Nozomu Yachie - DNA + Biological Development

“Life is short, so let’s work on things that matter to the world” 

Says Dr. Nozomu Yachie. His innovative research – bringing together genome editing, cell engineering, mouse genetics and computational data mining – is creating groundbreaking technologies with the potential to record how a singe fertilized egg develops into a complex system of trillions of cells.

Dr. Nozomu Yachie

Education: PhD in Systems Biology (Keio University); MMG in Bioinformatics (Keio University); BA in Computer Science (Keio University)

Why did you decide to study engineering?

"I’ve come to realize that what I’m doing fits into the discipline of engineering and I now see myself as both a scientist and an engineer."

I actually only began identifying myself as an engineer two years ago when I came to UBC. I did my undergraduate degree in computational biology analyzing genomic sequences, and then jumped into the field of genetics. In 2014 I started my lab at the University of Tokyo where I worked on modifying the genomic sequence of cancer and stem cells, which required developing technologies related to genomic engineering and genome editing. Two years ago I was recruited by the School of Biomedical Engineering to start a lab here at UBC.

Undergrad Biomedical EngineeringResearch In Biomedical Engineering 

Tell us about the technology you are developing to track cellular development.

I’m interested in cell differentiation: the process of going from a single fertilized egg to a complex system of trillions of cells. There’s a big limitation in biology in that we can’t observe this dynamic process and can only take snapshots in time, which requires killing the cells we’re observing.

I had the crazy idea that we could, in essence, create a super-miniature video camera to observe what’s going on inside the embryo as it develops. This technology would be installed within the fertilized egg, and when it divides into two cells, four cells, eight cells and so on, the “video camera” would replicate itself and be in each new cell recording what was going on.

How does that concept actually work?

"The “camera” that we’re proposing is a form of DNA event recording technology."


To develop this technology, you need four different components. First, you require a content memory system to store information. We use the DNA sequence with its four proteins to do this, in the same way that computers store information in binary code. Second, you need a sensor capable of sensing different biological events. Third, you need a writer system to write these observations to a DNA “tape”. And finally, you need reader technology to recover what was going on. This brings together genome editing, cell engineering, mouse genetics and computational data mining.
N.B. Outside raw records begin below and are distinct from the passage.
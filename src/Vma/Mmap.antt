-- ===== src/Vma/Mmap.antt =====
-- src/syscalls/mmap.c and src/syscalls/munmap.c, over the areas of the calling task.
use kernel_legacy.Bits.{bit}
use kernel_legacy.Prelude.Int.{ℤ, pos, negsuc, signed32}
use kernel_legacy.Vma.{
  vma_split_area, page_align, Allocation, vma_alloc_in_area, fill, choose, find_area, Area, Memory,
  on_demand, lazy, is_free, area_at, vma_find_by_start, vma_destroy_area, vma_alloc,
}
use kernel_legacy.Vma.Tiling.{IsTiled, area_at-IsTiled}
use kernel_legacy.Vma.Alloc.{
  IsValid, vma_destroy_area-IsValid, split-cases, choose-IsUsable, choose-none,
}
use kernel_legacy.Vma.Lookup.{find_area-IsFirst}
use kernel_legacy.Vma.Fill.{vma_alloc-IsSound, area_at-put_at}
use kernel_legacy.Prelude.{
  ℕ, zero, suc, ◌+◌, ◌-◌, ◌%◌, ◌^◌, ◌≤◌, ◌<◌, ◌≡◌, refl, sym, ap, ◌∙◌, ◌≢◌, ◌⊎◌, inl, inr, Bool,
  true, false, not, ◌||◌, Option, none, some, List, [], ◌∷◌, arith, ltb, ◌==◌, if◌then◌else◌, ==→eq,
  eq→==, ==→ne, Bool-cases, Option-cases,
}

abbrev pub enomem : ℕ
enomem = 12

abbrev pub einval : ℕ
einval = 22

-- present, for user mode, and writable where `prot` has `PROT_WRITE`
abbrev pub mmap_flags : ℕ → ℕ
mmap_flags prot = if bit prot 1 == 1 then 7 else 5

-- the code that `mmap` returns for the area at a position
abbrev pub mapped_at : Option Area → ℤ
mapped_at none = negsuc (enomem - 1)
mapped_at (some a) = signed32 a.start_vaddr

unfoldable pub mmap : Memory → List Area → (addr length_ prot : ℕ) → ℤ × List Area
mmap m areas addr length_ prot =
    let r = vma_alloc m areas length_ (mmap_flags prot) addr on_demand in
    if length_ == 0 then (negsuc (einval - 1), areas) else elim r.returned [
      | none ↦ (negsuc (enomem - 1), r.areas)
      | some i ↦ (mapped_at (area_at r.areas i), r.areas)
    ]

-- whether the area at a position is allocated or lazy
abbrev pub is_mapped : List Area → Option ℕ → Bool
is_mapped areas none = false
is_mapped areas (some i) = elim (area_at areas i) [ none ↦ false | some a ↦ not (is_free a) ]

-- the code, the pages given back, and the areas
unfoldable pub munmap : List Area → (addr length_ : ℕ) → ℤ × (List ℕ × List Area)
munmap areas addr length_ =
    if (addr == 0) || (length_ == 0)
    then (negsuc (einval - 1), ([], areas))
    else elim (vma_find_by_start addr areas) [
      | none ↦ (negsuc (einval - 1), ([], areas))
      | some i ↦
          if is_mapped areas (some i)
          then (pos 0, vma_destroy_area areas i)
          else (negsuc (einval - 1), ([], areas))
    ]

-- Without an area for the rest only the lack of memory for it makes a split fail.
split-none :
    (node : Bool) (a : Area) (size : ℕ)
    → size ≤ a.size
    → a.size % 4096 ≡ 0
    → a.size < 2 ^ 32
    → vma_split_area node a size ≡ none
    → node ≡ false
unfolding vma_split_area
split-none true a size le whole small e =
    let room : ltb a.size (page_align size) ≡ false =
      let up : page_align size ≤ a.size = omega (arith, le, whole, small) in ground (arith, up) in
    elim (Bool-cases (page_align size == a.size)) [
      | inl exact ↦ absurd (cc (rw (room, exact) at e))
      | inr part ↦ absurd (cc (rw (room, part) at e))
    ]
split-none false a size le whole small e = refl

-- what `mmap` needs and does not get: memory for an area or its array, or a free area that is as large
abbrev pub IsShort : Memory → List Area → (length_ : ℕ) → Type 0
IsShort m l length_ =
    (m.node ≡ false)
    ⊎ ((m.array ≡ false)
        ⊎ ((i : ℕ) (a : Area) → area_at l i ≡ some a → is_free a ≡ true → a.size < length_))

-- The area that `mmap` makes: it is the start of a free area from before, lazy, of that length rounded
-- up to whole pages, with the flags that `prot` asks for.
abbrev pub IsMade : List Area → (length_ prot : ℕ) → ℤ × List Area → Type 0
IsMade l length_ prot (code, areas) =
    (i : ℕ) × (from : Area) × (a : Area) × (area_at l i ≡ some from)
    × (is_free from ≡ true)
    × (area_at areas i ≡ some a)
    × (code ≡ signed32 a.start_vaddr)
    × (a.start_vaddr ≡ from.start_vaddr)
    × (length_ ≤ a.size)
    × (a.size ≡ page_align length_)
    × (a.state ≡ lazy)
    × (a.pte_flags ≡ mmap_flags prot)

-- What a call of `mmap` on the areas `l` ends with, where the areas tile the range from `lo` to `hi`.
abbrev pub Maps : Memory → (lo hi : ℕ) → List Area → (length_ prot : ℕ) → ℤ × List Area → Type 0
Maps m lo hi l length_ prot (code, areas) =
    IsValid lo hi areas
    × (((length_ ≡ 0) × (code ≡ negsuc (einval - 1)) × (areas ≡ l))
        ⊎ ((0 < length_)
            × (((code ≡ negsuc (enomem - 1)) × IsShort m l length_)
                ⊎ IsMade l length_ prot (code, areas))))

-- how an allocation that waits for its pages ends
abbrev OnDemand : Memory → List Area → (size flags : ℕ) → Allocation → Type 0
OnDemand m l size flags r =
    ((r.returned ≡ none) × IsShort m l size)
    ⊎ ((i : ℕ) × (from : Area) × (a : Area) × (r.returned ≡ some i)
        × (area_at l i ≡ some from)
        × (is_free from ≡ true)
        × (area_at r.areas i ≡ some a)
        × (a.start_vaddr ≡ from.start_vaddr)
        × (size ≤ a.size)
        × (a.size ≡ page_align size)
        × (a.state ≡ lazy)
        × (a.pte_flags ≡ flags))

vma_alloc-OnDemand :
    (m : Memory) (lo hi : ℕ) (l : List Area) (size flags hint : ℕ)
    → hi < 2 ^ 32
    → IsValid lo hi l
    → 0 < size
    → OnDemand m l size flags (vma_alloc m l size flags hint on_demand)
unfolding vma_alloc vma_alloc_in_area fill
vma_alloc-OnDemand m lo hi l size flags hint small v bytes =
    elim (Option-cases (choose l size hint)) [
      | inl nowhere ↦
          rw (vma_alloc, nowhere) (inl (refl, inr (inr (choose-none l size hint nowhere))))
      | inr (i, at) ↦
          let (a, found, idle, le) = choose-IsUsable l size hint i at in
          let (low, high, some_bytes, whole) = area_at-IsTiled lo hi l i a v.0 found in
          elim (split-cases m.node a size bytes le some_bytes whole (omega arith)) [
            | inl full ↦
                rw (vma_alloc, at, vma_alloc_in_area, found, full)
                  (inl (refl, inl (split-none m.node a size le whole (omega arith) full)))
            | inr (new, left, e, tiled, state, one, fit, enough) ↦ elim (Bool-cases m.array) [
              | inr empty ↦
                  rw (vma_alloc, at, vma_alloc_in_area, found, e, fill, empty)
                    (inl (refl, inr (inl refl)))
              | inl memory ↦
                  rw (vma_alloc, at, vma_alloc_in_area, found, e, fill, memory)
                    (inr (
                      i,
                      a,
                      _,
                      refl,
                      found,
                      idle,
                      area_at-put_at l i a _ left found,
                      tiled.0,
                      enough,
                      fit,
                      refl,
                      refl,
                    ))
            ]
          ]
    ]

-- Where the areas are valid, and end below the top of the address space, `mmap` keeps them valid. It
-- returns -EINVAL and changes nothing exactly for a length of 0. Else it returns -ENOMEM, and then there
-- is no memory for an area or its array, or no free area is that large; or it returns the start of a
-- lazy area that was free before, whose size is that length rounded up to whole pages, and no less
-- than the length, with the flags that `prot` asks for.
pub mmap-IsValid :
    (m : Memory) (lo hi : ℕ) (l : List Area) (addr length_ prot : ℕ)
    → hi < 2 ^ 32
    → IsValid lo hi l
    → Maps m lo hi l length_ prot (mmap m l addr length_ prot)
unfolding mmap
mmap-IsValid m lo hi l addr length_ prot small v = elim (Bool-cases (length_ == 0)) [
  | inl nothing ↦ rw (mmap, nothing) (v, inl (==→eq _ _ nothing, refl, refl))
  | inr bytes ↦
      let r = vma_alloc m l length_ (mmap_flags prot) addr on_demand in
      let above : 0 < length_ = ground arith in
      let (valid, _) =
        vma_alloc-IsSound m lo hi l length_ (mmap_flags prot) addr on_demand small v above in
      elim (vma_alloc-OnDemand m lo hi l length_ (mmap_flags prot) addr small v above) [
        | inl (full, short) ↦ rw (mmap, bytes, full) (valid, inr (above, inl (refl, short)))
        | inr (i, from, a, at, was, idle, found, same, enough, fit, state, flags) ↦
            rw (mmap, bytes, at, found)
              (
                valid,
                inr (
                  above,
                  inr (i, from, a, was, idle, found, refl, same, enough, fit, state, flags),
                ),
              )
      ]
]

-- Two areas that start at one address are one.
start_unique :
    (lo hi : ℕ) (l : List Area) (i j : ℕ) (a b : Area)
    → IsTiled lo hi l
    → area_at l i ≡ some a
    → area_at l j ≡ some b
    → a.start_vaddr ≡ b.start_vaddr
    → a ≡ b
start_unique lo hi [] i j a b h e1 e2 same = cc
start_unique lo hi (x ∷ rest) zero zero a b h e1 e2 same = cc
start_unique lo hi (x ∷ rest) zero (suc j) a b (start, some_bytes, whole, tiled) e1 e2 same =
    let at : x ≡ a = cc in
    let first : x.start_vaddr ≡ a.start_vaddr = ap (λ y. y.start_vaddr) at in
    let (low, _, _, _) = area_at-IsTiled (lo + x.size) hi rest j b tiled e2 in
    absurd (omega (arith, first, start, some_bytes, low, same))
start_unique lo hi (x ∷ rest) (suc i) zero a b (start, some_bytes, whole, tiled) e1 e2 same =
    let at : x ≡ b = cc in
    let first : x.start_vaddr ≡ b.start_vaddr = ap (λ y. y.start_vaddr) at in
    let (low, _, _, _) = area_at-IsTiled (lo + x.size) hi rest i a tiled e1 in
    absurd (omega (arith, first, start, some_bytes, low, same))
start_unique lo hi (x ∷ rest) (suc i) (suc j) a b (start, some_bytes, whole, tiled) e1 e2 same =
    start_unique (lo + x.size) hi rest i j a b tiled e1 e2 same

-- What a call of `munmap` on the areas `l` ends with: -EINVAL with nothing changed, or 0 with the area at
-- the address destroyed.
abbrev pub Unmaps : List Area → (addr length_ : ℕ) → ℤ × (List ℕ × List Area) → Type 0
Unmaps l addr length_ r =
    ((r ≡ (negsuc (einval - 1), ([], l)))
      × ((addr ≡ 0)
          ⊎ ((length_ ≡ 0)
              ⊎ ((i : ℕ) (a : Area)
                  → area_at l i ≡ some a
                  → a.start_vaddr ≡ addr
                  → is_free a ≡ true))))
    ⊎ ((addr ≢ 0)
        × (length_ ≢ 0)
        × ((i : ℕ) × (a : Area) × (area_at l i ≡ some a)
            × (a.start_vaddr ≡ addr)
            × (is_free a ≡ false)
            × (r ≡ (pos 0, vma_destroy_area l i))))

-- Where the areas are valid, and end below the top of the address space, `munmap` keeps them valid. It
-- returns -EINVAL and changes nothing exactly where the address or the length is 0 or no area starts at
-- the address but free ones. Else it returns 0 and has destroyed the area that starts at the address,
-- whether that is allocated or lazy.
pub munmap-IsValid :
    (lo hi : ℕ) (l : List Area) (addr length_ : ℕ)
    → hi < 2 ^ 32
    → IsValid lo hi l
    → IsValid lo hi (munmap l addr length_).1.1 × Unmaps l addr length_ (munmap l addr length_)
unfolding munmap vma_find_by_start
munmap-IsValid lo hi l addr length_ small v = elim (Bool-cases (addr == 0)) [
  | inl null_ ↦ rw (munmap, null_) (v, inl (refl, inl (==→eq _ _ null_)))
  | inr there ↦ elim (Bool-cases (length_ == 0)) [
    | inl nothing ↦ rw (munmap, there, nothing) (v, inl (refl, inr (inl (==→eq _ _ nothing))))
    | inr bytes ↦
        let first = find_area-IsFirst (λ a. a.start_vaddr == addr) l in
        elim (Option-cases (find_area (λ a. a.start_vaddr == addr) l)) [
          | inl missing ↦
              let all = rw missing at first in
              rw (munmap, there, bytes, missing)
                (
                  v,
                  inl (refl, inr (inr (λ i a at e. absurd (cc (sym (eq→== _ _ e) ∙ all i a at))))),
                )
          | inr (i, at) ↦
              let (a, found, test, _) = rw at at first in
              elim (Bool-cases (is_free a)) [
                | inr held ↦
                    let mapped : is_mapped l (some i) ≡ true = rw (is_mapped, found, held) refl in
                    rw (munmap, there, bytes, at, mapped)
                      (
                        vma_destroy_area-IsValid lo hi l i small v,
                        inr (
                          ==→ne _ _ there,
                          ==→ne _ _ bytes,
                          (i, a, found, ==→eq _ _ test, held, refl),
                        ),
                      )
                | inl idle ↦
                    let mapped : is_mapped l (some i) ≡ false = rw (is_mapped, found, idle) refl in
                    rw (munmap, there, bytes, at, mapped)
                      (
                        v,
                        inl (
                          refl,
                          inr (
                              inr (λ j b at' e.
                                let one =
                                  start_unique lo hi l i j a b v.0 found at'
                                    (==→eq _ _ test ∙ sym e) in
                                ap is_free (sym one) ∙ idle)),
                        ),
                      )
              ]
        ]
  ]
]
We’ve made progress in the writing and reading technology (genome editing and high-performance computing) that has made us famous in the field, and we recently succeeded in tracing the lineage of cell division at the animal level. Our sensors have demonstrated proof of concept in capturing gene expression patterns and recording them to a tape. Continuing to develop and integrate all these components is the next step.

What are the potential applications for this technology?

"This technology would enable us to see the cell development and differentiation process dynamically."

The goal is ambitious and I can’t predict the impact. Ultimately, this information could deepen our knowledge of developmental and cancer biology, which could be used to create targeted therapeutics.

I compare it to 20 years ago when the human genome was first sequenced and no one really knew how this information might be used. Although there were skeptics at the time, the human genome sequence is the foundation of current biology and is integrated into many different areas. This work could have a similar impact.

Your research itself integrates many different disciplines.

Yes, the work in my lab brings together lots of areas, from cell biology and chemistry to computational science and engineering. I’m the moderator and conceptualizer who brings in fantastic people in each area and my job is one of engineering their collaborations and determining how best to integrate their areas of expertise. The more people and diversity you have, the more innovative you can be and the more fun you can have!

Learn More About The Yachie Lab

Watch Dr. Nozomu Yachie speak at UBC Engineering Open House

What courses do you teach?

At the undergrad level, I teach biomedical engineering and on regenerative medicine in biotechnology. Undergraduates can work as research assistants in my lab.

Research Opportunities

Anything else you want to share?

In my research program, I’m teaching people to be a little crazy – encouraging them to maximize their potential by not staying within one discipline or a single closed shell. But in order to break the wall, you need to have many colleagues and collaborators, and you need to know your own strengths and weaknesses. I also tell my undergraduate students that they need to recognize how privileged they are by their education and the importance of using their knowledge to make a difference. Life is short, so let’s work on things that matter to the world.